And put it in fstab if you want user access...

I don't know what you want to do with fdisk? We are talking about an usbpen aren't we?

----------

## larand54

 *SZwarts wrote:*   

> I have a usb2.0 cruzer mini usb pen.
> 
> The way I access it is:
> 
> kernel options:
> ...

 

I have all these settings but the /dev/sda1 wont show up.

I have a Konica/Minolta camera Dimage Z3 and it continuosly shows "Initializing USB Connection" and  also tried an mp3-player with same result. If I have the camera plugged in at startup - the camera connects (BIOS work) but I still don't get any connection in Linux.

It has worked earlier som emerges back.

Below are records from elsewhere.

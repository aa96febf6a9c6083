-- ===== src/Shm/Attach.antt =====
-- `udo_shm_create` and `udo_shm_destroy`: the counter of the processes that are attached
use libcando.Base.{
  Bool, ◌||◌, ℕ, ◌+◌, ◌-◌, ◌*◌, ◌^◌, ◌<◌, ◌≤◌, ◌≡◌, refl, ◌∙◌, arith, true, false, none, some,
  length, get_or, ◌==◌, leb, if◌then◌else◌, ok, add32, sub64,
}
use native.Mathlib.Nat.{div-mul-le_self}
use libcando.Futex.{locked, unlocked}
use libcando.Shm.{
  Shm, Segment, CreateInfo, Answers, put, place, front_size, proc_data_sz, is_refused, attach,
  try_create, finish_create, create, proc_max, file_name_max,
}
use libcando.Shm.Segments.{slot, place-slot, length-place, place-before, place-words}

-- There is memory for the context, the system maps the file, and the caller's data passes the checks.
pub record IsFine (os : Answers) (own : Bool) (i : CreateInfo) : Type 0 where
  pub memory : (own || os.calloc) ≡ true
  pub opens : os.shm_open ≡ true
  pub grows : os.ftruncate ≡ true
  pub maps : os.mmap ≡ true
  pub some_process : 0 < i.proc_count
  pub few : i.proc_count < proc_max
  pub some_size : 0 < i.shm_size
  pub absolute : get_or i.shm_file 0 0 ≡ 47
  pub short : length i.shm_file < file_name_max

-- The context that `p_shm_create` fills in, and the shared memory it leaves
abbrev pub context : CreateInfo → Segment → Shm
context i seg = record {
  shm_file = i.shm_file;
  data_sz = i.shm_size;
  procs =
      (place i.proc_count 4 (front_size i.proc_count) (proc_data_sz i.shm_size i.proc_count)
        (put seg.words 0 (add32 (seg.words 0) 1))).0;
}

abbrev pub joined : CreateInfo → Segment → Segment
joined i seg = record seg {
  words =
      (place i.proc_count 4 (front_size i.proc_count) (proc_data_sz i.shm_size i.proc_count)
        (put seg.words 0 (add32 (seg.words 0) 1))).1;
}

pub is_refused-IsFine :
    (os : Answers) (own : Bool) (i : CreateInfo) → IsFine os own i → is_refused os i ≡ false
unfolding is_refused
is_refused-IsFine os own i f =
    rw (f.opens, f.grows) (ground (arith, f.some_process, f.few, f.some_size, f.absolute, f.short))

pub create-attached :
    (os : Answers) (own : Bool) (i : CreateInfo) (seg : Segment)
    → IsFine os own i
    → seg.words 0 < i.proc_count
    → create os own (some i) seg ≡ ok (some (context i seg), joined i seg, false)
unfolding create try_create attach finish_create
create-attached os own i seg f h =
    let fits : leb i.proc_count (seg.words 0) ≡ false = ground arith in
    rw (f.memory, is_refused-IsFine os own i f, f.maps, fits) refl

-- A context that is attached to a mapping that has room for the futexes
pub record Attached (i : CreateInfo) (seg : Segment) (shm : Shm) (ready : Segment) : Type 0 where
  pub counted : ready.words 0 ≡ seg.words 0 + 1
  pub untouched : ready.bytes ≡ seg.bytes
  pub all : length shm.procs ≡ i.proc_count
  pub entry :
      (p : ℕ)
      → p < i.proc_count
      → get_or shm.procs p none
        ≡ some (slot 4 (front_size i.proc_count) (proc_data_sz i.shm_size i.proc_count) p)
  pub inside :
      front_size i.proc_count + proc_data_sz i.shm_size i.proc_count * i.proc_count ≤ i.shm_size
  pub reading :
      (p : ℕ)
      → p < i.proc_count
      → ready.words (4 + 8 * p)
        ≡ (if seg.words (4 + 8 * p) == unlocked then locked else seg.words (4 + 8 * p))
  pub writing : (p : ℕ) → p < i.proc_count → ready.words (4 + 8 * p + 4) ≡ seg.words (4 + 8 * p + 4)

size_inside :
    (shm_size n : ℕ)
    → 0 < n
    → front_size n ≤ shm_size
    → shm_size < 2 ^ 64
    → front_size n + proc_data_sz shm_size n * n ≤ shm_size
unfolding proc_data_sz
size_inside shm_size n positive h small =
    let room : sub64 shm_size (front_size n) ≡ shm_size - front_size n = omega arith in
    rw room (omega (arith, div-mul-le_self (shm_size - front_size n) n))

-- `udo_shm_create` of good data, with memory of the caller that is zero, or a calloc(3) that
-- succeeds, a system that opens, grows and maps the file, a process less attached than there are
-- segments, and a size that holds the counter and the futexes: it gives a context and counts the
-- process. Entry `p` is the
-- pair of futexes and the segment number `p`: the segments follow the front one behind the other,
-- and end inside the mapping. Each read futex that was free is locked; the write futexes and all
-- bytes stay.
pub create-Attached :
    (os : Answers) (own : Bool) (i : CreateInfo) (seg : Segment)
    → IsFine os own i
    → seg.words 0 < i.proc_count
    → front_size i.proc_count ≤ i.shm_size
    → i.shm_size < 2 ^ 64
    → (shm : Shm) × (ready : Segment) × (create os own (some i) seg ≡ ok (some shm, ready, false))
      × Attached i seg shm ready
create-Attached os own i seg f h room small =
    let size = proc_data_sz i.shm_size i.proc_count in
    let counted = put seg.words 0 (add32 (seg.words 0) 1) in
    let inside = size_inside i.shm_size i.proc_count f.some_process room small in
    (
      context i seg,
      joined i seg,
      create-attached os own i seg f h,
      record {
        counted =
            place-before i.proc_count 4 (front_size i.proc_count) size counted 0 (omega arith)
            ∙ omega (arith, f.few);
        untouched = refl;
        all = length-place i.proc_count 4 (front_size i.proc_count) size counted;
        entry = λ p a.
            place-slot i.proc_count 4 (front_size i.proc_count) size counted p a
              (omega (arith, inside));
        inside = inside;
        reading = λ p a.
            (place-words i.proc_count 4 (front_size i.proc_count) size counted p a).0
            ∙ ground arith;
        writing = λ p a.
            (place-words i.proc_count 4 (front_size i.proc_count) size counted p a).1
            ∙ ground arith;
      },
    )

I can't point out when it happened.

I have Kernel 2.6.9

----------

## SZwarts

do a dmesg right before you plug it in and right after... Sometimes it doesn't show up as /dev/sda1 but as sda2 3 or something else....

BTW this only works for Mass storage device, some camera's do it in another way, not as a mass storage device... Anyway for the topic starter it does use a mass storage device. before you plug it in and right after... Sometimes it doesn't show up as [green]/dev/sda1[/green] but a

----------

## larand54

Well there is no sda* device at all. When I had it working earlier I got /dev/sda1 for it.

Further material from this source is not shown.